In summary, we believe that C. fallax might have recently colonized Kashmir through trade or other accidental events. The introduction of highly adaptable genotypes and a locally friendly environment might together help with successful colonization in Kashmir. At the same time, the unique adaptive variation might help further establish the bridgehead effect and accelerate the invasion process.

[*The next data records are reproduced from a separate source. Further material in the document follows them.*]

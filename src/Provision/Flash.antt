-- ===== src/Provision/Flash.antt =====
-- The store of the device, the flash journal, under the engine: firmware/ephemerkey-rs/src/provision.rs.
-- The clock (`now_unix`) is a parameter.
use ephemerkey.Common.{
  ℕ, ◌+◌, ◌≤◌, ◌≡◌, refl, ◌⊎◌, inl, inr, Bool, true, false, Option, none, some, ltb, ◌||◌,
  if◌then◌else◌, u32, List, [], ◌∷◌, length, arith, Bool-cases, ap, ◌<◌,
}
use ephemerkey.Journal.{
  FlashOps, Journal, Mirror, Done, StoreError, config_cap, stale_slot, record_bytes, rewrite_page,
  persist, commit_config, wifi_set, wifi_clear,
}
use ephemerkey.Journal
use ephemerkey.Journal.Records.{Fits}
use ephemerkey.Journal.Recovery.{FlashLaws, LayoutOk}
use ephemerkey.Journal.Commit.{Remounts, Recovers, configured, commit_config_ok, commit_config_err}
use ephemerkey.Provision.{StoreOps, Crates, Identity, seq_rollback}
use ephemerkey.Provision.Verify.{pass, fail, Verified, verify_blob}
use ephemerkey.Provision.Authority.{verify_blob_sound, rollback-refused}
use ephemerkey.Provision.Ownership.{SameBinding, BoundTo, StoreLaws}

abbrev pub is_done : Done → Bool
is_done Journal.ok = true
is_done (Journal.err e) = false

abbrev pub or_zero : Option ℕ → ℕ
or_zero none = 0
or_zero (some t) = t

-- `journal.wifi_ssid`: no name where it is empty, or no text.
abbrev pub ssid_of : (List ℕ → Bool) → List ℕ → Option (List ℕ)
ssid_of is_utf8 [] = none
ssid_of is_utf8 (c ∷ cs) = if is_utf8 (c ∷ cs) then some (c ∷ cs) else none

-- `validate_config` is the trait's default, which accepts everything.
abbrev pub flash_store :
    {F : Type 0} → FlashOps F → (List ℕ → Bool) → (Journal F → Option ℕ) → StoreOps (Journal F)
flash_store ops is_utf8 now_unix = record {
  owner_pub = λ j. j.live.owner;
  seq = λ j. j.live.seq;
  validate_config = λ j config. true;
  commit = λ j owner seq config.
      let (j', done) = commit_config ops j owner seq config in (j', is_done done);
  wifi_set = λ j ssid psk. let (j', done) = wifi_set ops j ssid psk in (j', is_done done);
  wifi_clear = λ j. let (j', done) = wifi_clear ops j in (j', is_done done);
  wifi_ssid = λ j. ssid_of is_utf8 j.live.ssid;
  now = λ j. or_zero (now_unix j);
}

module _ {F : Type 0} (ops : FlashOps F) (is_utf8 : List ℕ → Bool)
    (now_unix : Journal F → Option ℕ) where
  abbrev store : StoreOps (Journal F)
  store = flash_store ops is_utf8 now_unix

  -- A record that is written, or that fails to be, leaves the owner and the number of the mirror.
  persist_binding :
      (j : Journal F)
      → ((persist ops j).0.live.owner ≡ j.live.owner) × ((persist ops j).0.live.seq ≡ j.live.seq)
  unfolding persist
  persist_binding j =
      let w =
        rewrite_page ops j.flash (stale_slot j.layout j.live.cur_slot)
          (record_bytes j.live (u32 (j.live.generation + 1))) in
      elim (Bool-cases w.1) [ inl good ↦ rw good (refl, refl) | inr torn ↦ rw torn (refl, refl) ]

  fitting_binding :
      (j : Journal F) (owner config : List ℕ) (seq : ℕ)
      → ltb config_cap (length config) ≡ false
      → BoundTo store owner seq (commit_config ops j owner seq config).0
  unfolding commit_config
  fitting_binding j owner config seq fits = rw fits (
      persist_binding
        (record j { live = record j.live { owner = some owner; seq = seq; config = config } }))

  commit_binding :
      (j : Journal F) (owner config : List ℕ) (seq : ℕ)
      → ((commit_config ops j owner seq config) ≡ (j, Journal.err StoreError.too_big))
        ⊎ BoundTo store owner seq (commit_config ops j owner seq config).0
  unfolding commit_config
  commit_binding j owner config seq = elim (Bool-cases (ltb config_cap (length config))) [
    | inl big ↦ rw big (inl refl)
    | inr fits ↦ inr (fitting_binding j owner config seq fits)
  ]

  wifi_binding :
      (j : Journal F) (ssid psk : List ℕ) → SameBinding store j (wifi_set ops j ssid psk).0
  unfolding wifi_set
  wifi_binding j ssid psk =
      elim (Bool-cases (ltb Journal.ssid_max (length ssid) || ltb Journal.psk_max (length psk))) [
        | inl big ↦ rw big (refl, refl)
        | inr fits ↦
            rw fits (persist_binding (record j { live = record j.live { ssid = ssid; psk = psk } }))
      ]

  -- The journal is a lawful store of the provisioning engine.
  pub flash_store-StoreLaws : StoreLaws store
  unfolding wifi_clear
  flash_store-StoreLaws = record {
    commit_done = λ j owner config seq done. elim (commit_binding j owner config seq) [
      | inl big ↦ absurd (let e = rw big at done in cc)
      | inr bound ↦ bound
    ];
    commit_torn = λ j owner config seq torn. elim (commit_binding j owner config seq) [
      | inl big ↦ rw big (inl (refl, refl))
      | inr bound ↦ inr bound
    ];
    wifi_set_same = λ j ssid psk. wifi_binding j ssid psk;
    wifi_clear_same =
        λ j. persist_binding (record j { live = record j.live { ssid = []; psk = [] } });
  }

  -- A commit of an owner, a number and a config that fit, over a journal that a mount would give back,
  -- binds the store to them. The engine is told that it succeeded where a mount of the flash then gives
  -- the journal that holds them; where it is told of a failure, a mount gives the journal as it was
  -- before, or, where the slot that was written holds a valid record that is not older, that record.
  -- Generations do not wrap.
  pub flash_store-commit :
      (laws : FlashLaws ops) (j : Journal F) (owner config : List ℕ) (seq : ℕ)
      → LayoutOk j.layout
      → Remounts ops laws j
      → Fits (configured ops laws j owner seq config)
      → j.live.generation + 1 < 4294967296
      → let (j', done) = store.commit j owner seq config in
        BoundTo store owner seq j'
        × (j'.live.config ≡ config)
        × (((done ≡ true) × Remounts ops laws j') ⊎ ((done ≡ false) × Recovers ops laws j j'.flash))
  flash_store-commit laws j owner config seq lay r fits room =
      let b = fitting_binding j owner config seq (ground (arith, fits.config_fits)) in
      told (commit_config ops j owner seq config).1 refl b
    where
      pair :
          {d : Done}
          → (commit_config ops j owner seq config).1 ≡ d
          → commit_config ops j owner seq config ≡ ((commit_config ops j owner seq config).0, d)
      pair e = ap (λ (x : Done). ((commit_config ops j owner seq config).0, x)) e

      told :
          (d : Done)
          → (commit_config ops j owner seq config).1 ≡ d
          → BoundTo store owner seq (commit_config ops j owner seq config).0
          → let j' = (commit_config ops j owner seq config).0 in
            BoundTo store owner seq j'
            × (j'.live.config ≡ config)
            × (((is_done (commit_config ops j owner seq config).1 ≡ true) × Remounts ops laws j')
                ⊎ ((is_done (commit_config ops j owner seq config).1 ≡ false)
                    × Recovers ops laws j j'.flash))
      told Journal.ok e b =
          let (again, live) =
            commit_config_ok ops laws j owner seq config lay r fits room (pair e) in
          (b, ap (λ (m : Mirror). m.config) live, inl (ap is_done e, again))
      told (Journal.err x) e b =
          let (live, _, back) =
            commit_config_err ops laws j owner seq config lay r fits room (pair e) in
          (b, ap (λ (m : Mirror). m.config) live, inr (ap is_done e, back))

  -- A blob that was accepted, with a config that the journal has room for, is refused as a rollback when
  -- it comes again, whether or not the commit reached the flash.
  pub replay-refused :
      (crates : Crates) (j : Journal F) (id : Identity) (blob : List ℕ) (seq_hint : ℕ)
      (v : Verified)
      → verify_blob store crates j id blob seq_hint ≡ pass v
      → length v.config ≤ config_cap
      → verify_blob store crates (commit_config ops j v.owner v.seq v.config).0 id blob seq_hint
        ≡ fail seq_rollback
  replay-refused crates j id blob seq_hint v h fits =
      let g = verify_blob_sound store crates j id blob seq_hint v h in
      let (at, level) = fitting_binding j v.owner v.config v.seq (ground arith) in
      rollback-refused store crates (commit_config ops j v.owner v.seq v.config).0 id blob g.inner
        v.owner v.seq seq_hint g.opened g.hinted at (omega (arith, level))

4.3. Early Warning of Possible Invasion around the World

C. fallax is oligotrophic to legumes and has been recorded as a serious soybean pest in East Asia [32,33,34,37,65]. Therefore, the study of population dynamics and prediction of suitable habitats for this species will provide us with a direction for precise prevention and control of its invasion.

Most invasive species largely conserve their climatic niche, which has prominent implications for predicting future invasion risks [30]. The ENM results showed that except for East Asia, there is a wide range of highly suitable areas in southeastern North America, which could provide good environmental conditions for the survival of C. fallax. Additionally, this region is one of the main soybean-producing areas in the world [66], which indicates that it would provide an adequate food source for the invasion of C. fallax. Therefore, C. fallax presents a dramatically high invasion risk in southeastern North America. We suggest that the region should pay more attention to C. fallax in recent trade exchanges, especially for populations from North China and coastal areas that have had successful colonization experiences.

In addition, in the case of future global climate change, the ENM results showed that the predicted suitable habitat of the stalk-eyed seed bug will continue to move towards the poles, especially in the case of global warming, which will promote its movement process. The highly suitable area in Asia will increase significantly in the future, but the overlapping area with the soybean planted area showed a predicted decline. Therefore, we speculated that with the polar movement of the high-fitness area, the threat to soybean production in Asia by C. fallax will probably decrease in the future.

5. Conclusions

Here, we used population genetic methods and ecological niche modelling to reconstruct the invasion history of C. fallax and to predict its current and future potential distribution areas. We demonstrated that C. fallax has recently invaded Kashmir, and the invasive source has been identified as Zhejiang Province and the surrounding coastal areas in China. At the same time, C. fallax also showed a high risk of invasion in southeastern North America and might seriously threaten local soybean production. Our analysis suggested that the quarantine of C. fallax should be strengthened in highly suitable areas beyond its natural range to avoid it becoming the next globally invasive pest. Our study will help us deepen our understanding of the species and provide new insights into the monitoring and management of this agricultural pest.